-- Task to complete --
Quote the entries that follow exactly, leaving none out.

(Stored items)
§

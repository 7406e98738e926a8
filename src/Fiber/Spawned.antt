-- ===== src/Fiber/Spawned.antt =====
-- The fiber of any operation, where nobody interrupts it, and a schedule without interruptions.
use blackrock.Charges.{create_payment, query_sources, validate_source}
use blackrock.Cards.{get_stripe_data}
use blackrock.System.{
  Operation, run, stripe_webhook, mailchimp_webhook, offer_bonuses, add_card, delete_card,
  make_primary, stripe_data, bonuses, update_plan, buy_plan, suspend, delete, subscribe_list,
  unsubscribe_list, use_source, list_sources, pay, capture,
}
use blackrock.Mailing.{Mailchimp}
use blackrock.Stripe.Objects.{current_subscription}
use blackrock.Action.{World}
use blackrock.Users.{PaymentsBonuses, find_by_id, find_by_customer, User}
use blackrock.Text.{Text}
use blackrock.Bonuses.{
  plan_bonus_of, update_bonuses, my_bonuses, stripe_bonus, on_mailing_list, is_up_to_date,
}
use blackrock.Webhook.{
  handle_webhook_event, handle_invoice_event, handle_deleted, invoice_changes, is_stale,
  handle_invoice, handle_event,
}
use blackrock.Fiber.Methods.{
  buy_plan_fiber, update_plan_fiber, add_card_fiber, spawn, webhook_fiber, update_bonuses_fiber,
  my_bonuses_fiber, invoice_fiber, deleted_fiber, event_fiber, sent_bonuses_fiber,
}
use blackrock.Stripe.{
  ok, Failure, EventBody, Result-cases, Event, Invoice, Services, err, payment_succeeded,
  payment_failed, subscription_deleted, other_event,
}
use blackrock.Prelude.{
  true, false, ℕ, ◌≡◌, refl, ap, ◌∙◌, inl, inr, Bool, Option, none, some, arith, Bool-cases,
  Option-cases,
}
use blackrock.Fiber.{Fiber, done, step, once, alone, ◌>>◌}
use blackrock.Fiber.Alone.{alone->>=}
use blackrock.Fiber.Serial.{alone-add_card, alone-buy_plan, alone-update_plan}

module _ {S : Type 0} (v : Services S) where
  alone-invoice :
      (created : ℕ) (failed : Bool) (invoice : Invoice) (w : World S)
      → alone (invoice_fiber v created failed invoice) w
        ≡ handle_invoice_event v created failed invoice w
  unfolding alone invoice_fiber handle_invoice_event handle_invoice
  alone-invoice created failed invoice w =
      elim (Option-cases (find_by_customer invoice.customer w.users)) [
        | inl nobody ↦ ground arith
        | inr (user, found) ↦ elim (Bool-cases (is_stale user created)) [
          | inl stale ↦ ground arith
          | inr fresh ↦ elim (Result-cases (invoice_changes v created failed invoice user w).0) [
            | inl (changes, fine) ↦ ground arith
            | inr (e, thrown) ↦ ground arith
          ]
        ]
      ]

  alone-deleted : (id : Text) (w : World S) → alone (deleted_fiber v id) w ≡ handle_deleted v id w
  unfolding alone deleted_fiber handle_deleted
  alone-deleted id w = elim (Option-cases (find_by_customer id w.users)) [
    | inl nobody ↦ ground arith
    | inr (user, found) ↦ elim (Result-cases (v.retrieve_customer id w.outside)) [
      | inr (e, refused) ↦ ground arith
      | inl (customer, is) ↦ elim (Option-cases (current_subscription customer)) [
        | inl ended ↦ ground arith
        | inr (current, goes_on) ↦ ground arith
      ]
    ]
  ]

  alone-event :
      (event : Event) (body : EventBody)
      → event.body ≡ body
      → (w : World S) → alone (event_fiber v event) w ≡ handle_event v event w
  unfolding alone event_fiber handle_event
  alone-event event (payment_succeeded invoice) e w =
      rw e (alone-invoice event.created false invoice w)
  alone-event event (payment_failed invoice) e w = rw e (alone-invoice event.created true invoice w)
  alone-event event (subscription_deleted id) e w = rw e (alone-deleted id w)
  alone-event event other_event e w = rw e refl

  alone-webhook :
      (event_id : Text) (w : World S)
      → alone (webhook_fiber v event_id) w ≡ handle_webhook_event v event_id w
  unfolding alone webhook_fiber handle_webhook_event handle_event
  alone-webhook event_id w = elim (Result-cases (v.retrieve_event event_id w.outside)) [
    | inr (e, refused) ↦ ground arith
    | inl (event, is) ↦ ground (arith, is, alone-event event event.body refl w)
  ]

  alone-update_bonuses :
      (user : User) (w : World S) → alone (update_bonuses_fiber v user) w ≡ update_bonuses v user w
  unfolding alone update_bonuses_fiber update_bonuses
  alone-update_bonuses user w = elim (Result-cases (stripe_bonus v user w).0) [
    | inr (e, refused) ↦ ground arith
    | inl (bonus, is) ↦ elim (Result-cases (on_mailing_list v user (stripe_bonus v user w).1).0) [
      | inr (e, thrown) ↦ ground arith
      | inl (listed, known) ↦
          let bonuses : PaymentsBonuses = record { mailing_list = listed; metadata = bonus } in
          elim (Bool-cases (is_up_to_date user (plan_bonus_of bonuses) bonuses)) [
            | inl same ↦ ground arith
            | inr new ↦ ground arith
          ]
    ]
  ]

  alone-my_bonuses :
      (session : Option Text) (w : World S)
      → alone (my_bonuses_fiber v session) w ≡ my_bonuses v session w
  unfolding alone my_bonuses_fiber sent_bonuses_fiber my_bonuses
  alone-my_bonuses none w = refl
  alone-my_bonuses (some user_id) w = elim (Option-cases (find_by_id user_id w.users)) [
    | inl nobody ↦ ground arith
    | inr (user, found) ↦ ground (
      arith,
      found,
      alone->>= {B = Option PaymentsBonuses} (update_bonuses_fiber v user)
          (λ _. sent_bonuses_fiber v user_id) w,
      alone-update_bonuses user w,
    )
  ]

alone-ignored :
    {S A : Type 0} (f : Fiber S A) (w : World S) → (alone (f >> done (ok tt)) w).1 ≡ (alone f w).1
unfolding alone
alone-ignored (done (ok a)) w = refl
alone-ignored (done (err e)) w = refl
alone-ignored (step act next) w = alone-ignored (next w) (act w)

module _ {S : Type 0} (v : Services S) (m : Mailchimp S) (message : Failure → Text) where
  -- The fiber of any operation, where no other runs before it is done, leaves the world as the operation
  -- does.
  pub alone-spawn :
      (o : Operation) (w : World S) → (alone (spawn v m message o) w).1 ≡ run v m message o w
  unfolding spawn run alone
  alone-spawn (stripe_webhook event_id) w = ap (λ r. r.1) (alone-webhook v event_id w)
  alone-spawn mailchimp_webhook w = refl
  alone-spawn offer_bonuses w = refl
  alone-spawn (add_card session token email) w =
      alone-ignored (add_card_fiber v session token email) w
      ∙ ap (λ r. r.1) (alone-add_card v session token email w)
  alone-spawn (delete_card session hashed) w = refl
  alone-spawn (make_primary session hashed) w = refl
  alone-spawn (stripe_data session) w = alone-ignored (once (get_stripe_data v session)) w
  alone-spawn (bonuses session) w =
      alone-ignored (my_bonuses_fiber v session) w ∙ ap (λ r. r.1) (alone-my_bonuses v session w)
  alone-spawn (update_plan session plan) w =
      alone-ignored (update_plan_fiber v session plan) w
      ∙ ap (λ r. r.1) (alone-update_plan v session plan w)
  alone-spawn (buy_plan session token email plan) w =
      alone-ignored (buy_plan_fiber v session token email plan) w
      ∙ ap (λ r. r.1) (alone-buy_plan v session token email plan w)
  alone-spawn (suspend user_id) w = refl
  alone-spawn (delete user) w = refl
  alone-spawn (subscribe_list user_id) w = refl
  alone-spawn (unsubscribe_list user_id) w = refl
  alone-spawn (use_source session hashed) w =
      alone-ignored (once (validate_source v session hashed)) w
  alone-spawn (list_sources user_id) w = alone-ignored (once (query_sources v user_id)) w
  alone-spawn (pay config source invoice) w =
      alone-ignored (once (create_payment v message config source invoice)) w
  alone-spawn (capture payment) w = refl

§

-- Solved problem --
repository 7406e98738e926a8
filename src/Fiber/Spawned.antt
-- ===== src/Fiber/Spawned.antt =====
-- The fiber of any operation, where nobody interrupts it, and a schedule without interruptions.
use blackrock.Charges.{create_payment, query_sources, validate_source}
use blackrock.Cards.{get_stripe_data}
use blackrock.System.{
  Operation, run, stripe_webhook, mailchimp_webhook, offer_bonuses, add_card, delete_card,
  make_primary, stripe_data, bonuses, update_plan, buy_plan, suspend, delete, subscribe_list,
  unsubscribe_list, use_source, list_sources, pay, capture,
}
use blackrock.Mailing.{Mailchimp}
use blackrock.Stripe.Objects.{current_subscription}
use blackrock.Action.{World}
use blackrock.Users.{PaymentsBonuses, find_by_id, find_by_customer, User}
use blackrock.Text.{Text}
use blackrock.Bonuses.{
  plan_bonus_of, update_bonuses, my_bonuses, stripe_bonus, on_mailing_list, is_up_to_date,
}
use blackrock.Webhook.{
  handle_webhook_event, handle_invoice_event, handle_deleted, invoice_changes, is_stale,
  handle_invoice, handle_event,
}
use blackrock.Fiber.Methods.{
  buy_plan_fiber, update_plan_fiber, add_card_fiber, spawn, webhook_fiber, update_bonuses_fiber,
  my_bonuses_fiber, invoice_fiber, deleted_fiber, event_fiber, sent_bonuses_fiber,
}
use blackrock.Stripe.{
  ok, Failure, EventBody, Result-cases, Event, Invoice, Services, err, payment_succeeded,
  payment_failed, subscription_deleted, other_event,
}
use blackrock.Prelude.{
  true, false, ℕ, ◌≡◌, refl, ap, ◌∙◌, inl, inr, Bool, Option, none, some, arith, Bool-cases,
  Option-cases,
}
use blackrock.Fiber.{Fiber, done, step, once, alone, ◌>>◌}
use blackrock.Fiber.Alone.{alone->>=}
use blackrock.Fiber.Serial.{alone-add_card, alone-buy_plan, alone-update_plan}

module _ {S : Type 0} (v : Services S) where
  alone-invoice :
      (created : ℕ) (failed : Bool) (invoice : Invoice) (w : World S)
      → alone (invoice_fiber v created failed invoice) w
        ≡ handle_invoice_event v created failed invoice w
  unfolding alone invoice_fiber handle_invoice_event handle_invoice
  alone-invoice created failed invoice w =
      elim (Option-cases (find_by_customer invoice.customer w.users)) [
        | inl nobody ↦ ground arith
        | inr (user, found) ↦ elim (Bool-cases (is_stale user created)) [
          | inl stale ↦ ground arith
          | inr fresh ↦ elim (Result-cases (invoice_changes v created failed invoice user w).0) [
            | inl (changes, fine) ↦ ground arith
            | inr (e, thrown) ↦ ground arith
          ]
        ]
      ]

  alone-deleted : (id : Text) (w : World S) → alone (deleted_fiber v id) w ≡ handle_deleted v id w
  unfolding alone deleted_fiber handle_deleted
  alone-deleted id w = elim (Option-cases (find_by_customer id w.users)) [
    | inl nobody ↦ ground arith
    | inr (user, found) ↦ elim (Result-cases (v.retrieve_customer id w.outside)) [
      | inr (e, refused) ↦ ground arith
      | inl (customer, is) ↦ elim (Option-cases (current_subscription customer)) [
        | inl ended ↦ ground arith
        | inr (current, goes_on) ↦ ground arith
      ]
    ]
  ]

  alone-event :
      (event : Event) (body : EventBody)
      → event.body ≡ body
      → (w : World S) → alone (event_fiber v event) w ≡ handle_event v event w
  unfolding alone event_fiber handle_event
  alone-event event (payment_succeeded invoice) e w =
      rw e (alone-invoice event.created false invoice w)
  alone-event event (payment_failed invoice) e w = rw e (alone-invoice event.created true invoice w)
  alone-event event (subscription_deleted id) e w = rw e (alone-deleted id w)
  alone-event event other_event e w = rw e refl

  alone-webhook :
      (event_id : Text) (w : World S)
      → alone (webhook_fiber v event_id) w ≡ handle_webhook_event v event_id w
  unfolding alone webhook_fiber handle_webhook_event handle_event
  alone-webhook event_id w = elim (Result-cases (v.retrieve_event event_id w.outside)) [
    | inr (e, refused) ↦ ground arith
    | inl (event, is) ↦ ground (arith, is, alone-event event event.body refl w)
  ]

  alone-update_bonuses :
      (user : User) (w : World S) → alone (update_bonuses_fiber v user) w ≡ update_bonuses v user w
  unfolding alone update_bonuses_fiber update_bonuses
  alone-update_bonuses user w = elim (Result-cases (stripe_bonus v user w).0) [
    | inr (e, refused) ↦ ground arith
    | inl (bonus, is) ↦ elim (Result-cases (on_mailing_list v user (stripe_bonus v user w).1).0) [
      | inr (e, thrown) ↦ ground arith
      | inl (listed, known) ↦
          let bonuses : PaymentsBonuses = record { mailing_list = listed; metadata = bonus } in
          elim (Bool-cases (is_up_to_date user (plan_bonus_of bonuses) bonuses)) [
            | inl same ↦ ground arith
            | inr new ↦ ground arith
          ]
    ]
  ]

  alone-my_bonuses :
      (session : Option Text) (w : World S)
      → alone (my_bonuses_fiber v session) w ≡ my_bonuses v session w
  unfolding alone my_bonuses_fiber sent_bonuses_fiber my_bonuses
  alone-my_bonuses none w = refl
  alone-my_bonuses (some user_id) w = elim (Option-cases (find_by_id user_id w.users)) [
    | inl nobody ↦ ground arith
    | inr (user, found) ↦ ground (
      arith,
      found,
      alone->>= {B = Option PaymentsBonuses} (update_bonuses_fiber v user)
          (λ _. sent_bonuses_fiber v user_id) w,
      alone-update_bonuses user w,
    )
  ]

alone-ignored :
    {S A : Type 0} (f : Fiber S A) (w : World S) → (alone (f >> done (ok tt)) w).1 ≡ (alone f w).1
unfolding alone
alone-ignored (done (ok a)) w = refl
alone-ignored (done (err e)) w = refl
alone-ignored (step act next) w = alone-ignored (next w) (act w)

module _ {S : Type 0} (v : Services S) (m : Mailchimp S) (message : Failure → Text) where
  -- The fiber of any operation, where no other runs before it is done, leaves the world as the operation
  -- does.
  pub alone-spawn :
      (o : Operation) (w : World S) → (alone (spawn v m message o) w).1 ≡ run v m message o w
  unfolding spawn run alone
  alone-spawn (stripe_webhook event_id) w = ap (λ r. r.1) (alone-webhook v event_id w)
  alone-spawn mailchimp_webhook w = refl
  alone-spawn offer_bonuses w = refl
  alone-spawn (add_card session token email) w =
      alone-ignored (add_card_fiber v session token email) w
      ∙ ap (λ r. r.1) (alone-add_card v session token email w)
  alone-spawn (delete_card session hashed) w = refl
  alone-spawn (make_primary session hashed) w = refl
  alone-spawn (stripe_data session) w = alone-ignored (once (get_stripe_data v session)) w
  alone-spawn (bonuses session) w =
      alone-ignored (my_bonuses_fiber v session) w ∙ ap (λ r. r.1) (alone-my_bonuses v session w)
  alone-spawn (update_plan session plan) w =
      alone-ignored (update_plan_fiber v session plan) w
      ∙ ap (λ r. r.1) (alone-update_plan v session plan w)
  alone-spawn (buy_plan session token email plan) w =
      alone-ignored (buy_plan_fiber v session token email plan) w
      ∙ ap (λ r. r.1) (alone-buy_plan v session token email plan w)
  alone-spawn (suspend user_id) w = refl
  alone-spawn (delete user) w = refl
  alone-spawn (subscribe_list user_id) w = refl
  alone-spawn (unsubscribe_list user_id) w = refl
  alone-spawn (use_source session hashed) w =
      alone-ignored (once (validate_source v session hashed)) w
  alone-spawn (list_sources user_id) w = alone-ignored (once (query_sources v user_id)) w
  alone-spawn (pay config source invoice) w =
      alone-ignored (once (create_payment v message config source invoice)) w
  alone-spawn (capture payment) w = refl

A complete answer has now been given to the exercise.